PARLEMOS /Artículo de Opinión

“La nueva normalidad”.

Por Luis Sancho

En una semana considerada “pico”, difícil para todos porque la cifra de contagiados se incrementa de manera preocupante, mientras los hospitales y servicios funerarios informan que están saturados. El número de fallecimientos por el contagio rebasan los 5 mil casos. Es difícil escribirlo, sin sentir un escalofrío porque el virus no respeta géneros, edades, clases sociales, ideologías. Lo peor es leer las crónicas de familiares que no tuvieron oportunidad de acompañar, en esos momentos, con un digno adiós a los enfermos fatales. Con el sentimiento y duelo, ahora sí que en terrible soledad.

En ese contexto y desde Palacio Nacional, a mitad de la semana pasada, los mexicanos fuimos informados sobre lo que se ha denominado “la nueva normalidad”, a raíz de la epidemia del Covid-19, la cual, por cierto, tiene en jaque a las instituciones de salud y con temor a millones de personas. El Presidente de la República presentó este plan para la reapertura de actividades sociales, educativas y económicas. Más allá de la lista de actividades esenciales (ligadas al interés comercial de nuestro vecino del norte y por presiones del recién aprobado Tratado de Libre Comercio) o las restricciones en los ámbitos educativos y laborales, o la luz verde a los denominados “municipios de la esperanza” -como si el resto estuviéramos desahuciados-, que por cierto ¿Dónde quedó la Ciudad de la Esperanza?, por ello debemos observar el desarrollo de la vida a partir de ahora y cada quien asumir la responsabilidad que le toca.

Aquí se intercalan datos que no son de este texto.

-- ===== src/Prelude/TextOrder.antt =====
-- Of two different texts exactly one is before the other.
use Prim.Native.Nat.compare as compare_ℕ
use Prim.Native.Nat.{ℕ, zero, suc, Ordering, compare as compare_ℕ}
use Prim.Native.Char.{code}
use Prim.Native.String.compare
use Prim.Native.String.{String, [], ◌∷◌, compare, then}
use mathlib.Core.Path.{◌≡◌, refl, sym, ap, ap₂, ◌∙◌}
use mathlib.Core.Logic.{◌≢◌}
use mathlib.Core.Bool.{not}
use text.Mathlib.TextEquality.{path_by_compare}
use nonetchat_web.Prelude.Tests.{text_lt}
use native.Mathlib.Omega.{arith}

abbrev flip : Ordering → Ordering
flip Ordering.lt = Ordering.gt
flip Ordering.eq = Ordering.eq
flip Ordering.gt = Ordering.lt

flip-compare_ℕ : (m n : ℕ) → flip (compare_ℕ m n) ≡ compare_ℕ n m
flip-compare_ℕ zero zero = ap flip compare_ℕ.zero-zero ∙ sym compare_ℕ.zero-zero
flip-compare_ℕ zero (suc n) = ap flip (compare_ℕ.zero-suc n) ∙ sym (compare_ℕ.suc-zero n)
flip-compare_ℕ (suc m) zero = ap flip (compare_ℕ.suc-zero m) ∙ sym (compare_ℕ.zero-suc m)
flip-compare_ℕ (suc m) (suc n) =
    ap flip (compare_ℕ.suc-suc m n) ∙ (flip-compare_ℕ m n ∙ sym (compare_ℕ.suc-suc n m))

flip-then : (o p : Ordering) → flip (then o p) ≡ then (flip o) (flip p)
flip-then Ordering.lt p = refl
flip-then Ordering.eq p = refl
flip-then Ordering.gt p = refl

pub flip-compare : (s t : String) → flip (compare s t) ≡ compare t s
flip-compare [] [] = ap flip compare.nil-nil ∙ sym compare.nil-nil
flip-compare [] (d ∷ t) = ap flip (compare.nil-cons d t) ∙ sym (compare.cons-nil d t)
flip-compare (c ∷ s) [] = ap flip (compare.cons-nil c s) ∙ sym (compare.nil-cons c s)
flip-compare (c ∷ s) (d ∷ t) =
    ap flip (compare.cons-cons c d s t)
    ∙ (flip-then (compare_ℕ (code c) (code d)) (compare s t)
        ∙ (ap₂ then (flip-compare_ℕ (code c) (code d)) (flip-compare s t)
            ∙ sym (compare.cons-cons d c t s)))

pub text_lt-not : (s t : String) → s ≢ t → text_lt s t ≡ not (text_lt t s)
text_lt-not s t differ = go (compare s t) refl
  where
    go : (o : Ordering) → compare s t ≡ o → text_lt s t ≡ not (text_lt t s)
    go Ordering.lt e = ground (arith, e, flip-compare s t)
    go Ordering.eq e = absurd (differ (path_by_compare s t e))
    go Ordering.gt e = ground (arith, e, flip-compare s t)
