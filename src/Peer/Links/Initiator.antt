-- ===== src/Peer/Links/Initiator.antt =====
-- Which of two peers makes the offer.
use nonetchat_web.Prelude.{ℕ, ◌≡◌, ◌≢◌, ◌⊎◌, false, [], ◌∷◌, ◌++◌, arith}
use nonetchat_web.Prelude.TextOrder.{text_lt-not}
use nonetchat_web.Prelude.Dict
use nonetchat_web.Peer.State.{Peer, offer_to}
use nonetchat_web.Peer.Links.{auto, create_peer_connection}

module _ (a b : Peer) (i j : ℕ) (different : a.my_id ≢ b.my_id) where
  -- Where two different peers, neither connected to the other, both start a connection in the role
  -- 'auto', exactly one of them sends an offer, and the other sends nothing to the server.
  pub one_peer_offers :
      Dict.has b.my_id a.peer_connections ≡ false
      → Dict.has a.my_id b.peer_connections ≡ false
      → let a₁ = create_peer_connection b.my_id auto i a in
        let b₁ = create_peer_connection a.my_id auto j b in
        ((a₁.to_server ≡ a.to_server ++ offer_to b.my_id ∷ []) × (b₁.to_server ≡ b.to_server))
        ⊎ ((a₁.to_server ≡ a.to_server) × (b₁.to_server ≡ b.to_server ++ offer_to a.my_id ∷ []))
  unfolding create_peer_connection
  one_peer_offers new_a new_b = ground (arith, text_lt-not a.my_id b.my_id different)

Es complejo, puesto que no se han practicado suficientes pruebas para saber con exactitud en qué condiciones se propone el regreso a lo “normal”, pero eso sí, se ha trabajado en modelos matemáticos con la información del propio sistema de salud que, en honor a la verdad, reconoce no llevar un puntual registro de los contagios, por lo cual debemos mantener reservas en lo que se hará a partir de ahora, sobre todo por la existencia de casos asintomáticos que en sí mismos pueden ser portadores del virus.

En este gobierno ha sido público el descuido y el desprecio que se tiene al sector salud, con esas políticas públicas que, en nombre de la austeridad, han deteriorado rápidamente la calidad de la atención a enfermos, principalmente porque se ha hecho una constante reducción presupuestal. Cierto es que al momento de la aprobación del presupuesto 2020, en el apartado de egresos, nadie contemplaba el peligroso brote del Coronavirus.

Sin embargo, en diciembre ya se contaba con información fidedigna para reorientar el gasto público y medir las condiciones de salud de la población ante la posible pandemia, para ponderar el valor y costo entre las y los mexicanos infectados y los sanos.

Bajo estas condiciones, desde ya se debe trabajar en un presupuesto que contemple la generación de condiciones públicas que garanticen la sanidad y seguridad de los habitantes, que va desde la aportación gubernamental de elementos básicos de protección, como son gel antibacterial, cubrebocas, sanitización permanente, entre otras. Lo que sí es un hecho es la urgencia de implementar estrategias para controlar y, en la medida de lo posible, disminuir los riesgos de contagio.

Diría un tío que “las condiciones de convivencia cambiaron”, en tanto no se encuentre una vacuna y los humanos no generemos las defensas corporales suficientes para defendernos; la naturaleza del virus obliga a replanteamientos individuales y colectivos.

Los hábitos se modificarán en la casa, la escuela, el trabajo, el transporte, los lugares de entretenimiento. “Susana Distancia” será compañera permanente en cualquier espacio público o privado.

Derivado de ello, en el Congreso de la Unión se tendrán que contemplar modificaciones a los marcos normativos que rigen en los procesos productivos y de servicios de salud. Por ejemplo, definir con claridad los alcances del teletrabajo, los derechos laborales o garantizar los servicios médicos a distancia, con mayor cobertura y eficacia en los tiempos de atención.

A partir del primero de junio, seremos partícipes de la nueva realidad nacional y atenderemos las disposiciones de los semáforos de la salud, tendremos que parlar desde el Congreso sobre esta “nueva normalidad”.